Why Is It Important To Let The Children See You Become Friends Again?

We all know that it is never a good idea to quarrel with the children, but sometimes it is unavoidable. If this happens, you should also let the children see you become friends again and solve the problem. Here you can read about why.
Why is it important to let the children see you become friends again?

In everyday life, we as parents often go on autopilot and forget that our children see everything we do. That they internalize what they see. In all families, parents quarrel and when children witness this, it can affect them. That is why, should we quarrel with our partner in front of our children, we should also let them see us become friends again.

After children have seen their parents quarrel, they often notice how their parents’ dynamics are back to normal the next day. They get to see how they approach each other again with affection and without excitement. But if children have witnessed a quarrel, it is important that parents also involve them in conflict resolution. Let’s take a closer look at why.

How do quarrels affect children?

For a small child, the parents are its two main attachments. He or she trusts that the parents will provide not only basic love and care, but also structure, security and guidance. It is important that parents always act as a unit for their children. It shows strength that gives children security and peace of mind.

become friends again: couple arguing at the kitchen table

So when parents start arguing so that their children see it, this will make them feel insecure and upset. Especially when the respect, security and affection that should always dominate interactions cannot be seen. Seeing the two most important people in their world being angry at each other, shouting or behaving disrespectfully, affects children deeply.

Here are some ways in which seeing parents quarrel can affect children:

  • They feel scared.  The two people responsible for their safety and well-being seem upset, quarrel and may lose control. The children probably do not know why the quarrel started or how it will end. This uncertainty can make them feel anxious.
  • They experience feelings of guilt, as children often believe that they are the cause of the conflict. And they may think that their parents are angry with them; that they have behaved badly or done something wrong.
  • They learn incorrect strategies for social interactions. Children learn through imitation. Through what they observe, they create a picture of how human relationships work. They will internalize certain patterns of behavior. Because of this, your children may think that raised voices, insults or icy silences are valid communication tools.

It is not always possible to avoid conflicts

You should try to avoid having regular quarrels in front of your children. It is always better to find the right time and place where the couple can discuss and resolve their differences without the children being present.

But at the same time, if something needs to be said in front of them, you should do so with great care and thought. We must show how to address problems in these cases and we must try to communicate as respectfully and safely as possible.

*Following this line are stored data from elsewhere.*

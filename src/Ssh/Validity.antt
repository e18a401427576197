-- ===== src/Ssh/Validity.antt =====
-- Which tokens are valid.
use microsanbox_cloud.Prelude.{
  ℕ, ◌+◌, ◌≤◌, ◌≡◌, refl, ap, ◌∙◌, ◌↔◌, false, Option, none, some, Text, arith, Bool-cases, inl,
  inr, ltb,
}
use microsanbox_cloud.Ssh.Entries.{SessionEntry, entry_of, entry_of-set}
use microsanbox_cloud.Ssh.{
  Sessions, is_expired, is_revoked, expiry_ms, prune_expired, create_session, validate_entry,
  validate_session,
}

-- The token is known, not revoked, and its session has not ended.
pub record IsValid (hash : Text → Text) (now : ℕ) (token : Text) (s : Sessions)
    (entry : SessionEntry) : Type 0 where
  pub kept : is_revoked (hash token) s ≡ false
  pub known : entry_of (hash token) s.entries ≡ some entry
  pub in_time : now ≤ entry.expires_at

module _ (hash : Text → Text) (now : ℕ) (token : Text) (s : Sessions) (entry : SessionEntry) where
  IsValid-of_entry :
      is_revoked (hash token) s ≡ false
      → (found : Option SessionEntry) → entry_of (hash token) s.entries ≡ found
      → (validate_entry hash now (hash token) found s).0 ≡ some entry
      → IsValid hash now token s entry
  unfolding validate_entry is_expired
  IsValid-of_entry kept none known h = cc
  IsValid-of_entry kept (some e) known h = elim (Bool-cases (ltb e.expires_at now)) [
    | inl f ↦ absurd (let z : none ≡ some entry = rw f at h in cc)
    | inr f ↦
        let z : some e ≡ some entry = rw f at h in
        let same : e ≡ entry = cc in
        record { kept = kept; known = known ∙ z; in_time = rw (← same) (ground arith) }
  ]

  IsValid-of_answer :
      (validate_session hash now token s).0 ≡ some entry → IsValid hash now token s entry
  unfolding validate_session
  IsValid-of_answer h = elim (Bool-cases (is_revoked (hash token) s)) [
    | inl e ↦ absurd (let z : none ≡ some entry = rw e at h in cc)
    | inr e ↦ IsValid-of_entry e _ refl (rw e at h)
  ]

  answer_of_valid :
      IsValid hash now token s entry → validate_session hash now token s ≡ (some entry, s)
  unfolding validate_session validate_entry is_expired
  answer_of_valid v =
      let early : ltb entry.expires_at now ≡ false = (let t = v.in_time in ground arith) in
      rw (v.kept, v.known, early) refl

  -- A token is answered with an entry exactly if it is not revoked, the entry is the one under its
  -- hash, and its time is not over.
  pub validate_session_iff :
      ((validate_session hash now token s).0 ≡ some entry) ↔ IsValid hash now token s entry
  validate_session_iff = (IsValid-of_answer, λ v. ap (λ p. p.0) (answer_of_valid v))

-- A token whose hash is not revoked opens its sandbox and host port from its creation until its
-- time is over, if no other call comes between.
pub create_session-validate :
    (hash : Text → Text) (ttl now later at : ℕ) (token sandbox_id : Text) (host_port : ℕ)
    (minutes : Option ℕ) (s : Sessions)
    → is_revoked (hash token) s ≡ false
    → at ≤ later + expiry_ms ttl minutes
    → validate_session hash at token
        (create_session hash ttl now later token sandbox_id host_port minutes s).1
      ≡ (
        some (record {
          sandbox_id = sandbox_id;
          host_port = host_port;
          expires_at = later + expiry_ms ttl minutes;
        }),
        (create_session hash ttl now later token sandbox_id host_port minutes s).1,
      )
unfolding create_session prune_expired is_revoked
create_session-validate hash ttl now later at token sandbox_id host_port minutes s kept h =
    answer_of_valid hash at token _ _
      (record { kept = kept; known = entry_of-set (hash token) _ _; in_time = h })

But parents are also human beings. We are not machines or robots. We can not always control our actions one hundred percent. Conflicts and setbacks are also unplanned and can sometimes occur at the wrong times. Because of this, such unpleasant scenes have taken place in all families.

become friends again: couple arguing and girl holding their ears

The importance of becoming friends again so that the children see it

It is not necessary to get angry at yourself and dwell on what has happened over and over again if you have accidentally let your children witness a quarrel. However, what is necessary is to let them see you become friends again so that they can learn from this experience.

For the most part, we resolve conflicts with our partner after our children have already fallen asleep or while they are playing in another room. But allowing them to be present at the Atonement will benefit them in various ways.

First, they calm down by seeing that their two affiliates have become friends again. Secondly, you teach them by being a good example, that it is normal for conflicts and disagreements to arise, but that these do not mean that there is no love or that the relationship is over. It shows them how to handle disagreements and resolve conflicts with others.

But above all, you let them witness important actions and values. Such as the humility it takes to apologize and the strength it takes to accept an apology. All the many different expressions of love that happen on these occasions. These loving acts are characteristic of reconciliation. So if it is not possible to prevent a fight in front of the children, it will always be a great option to become friends again so that they see it.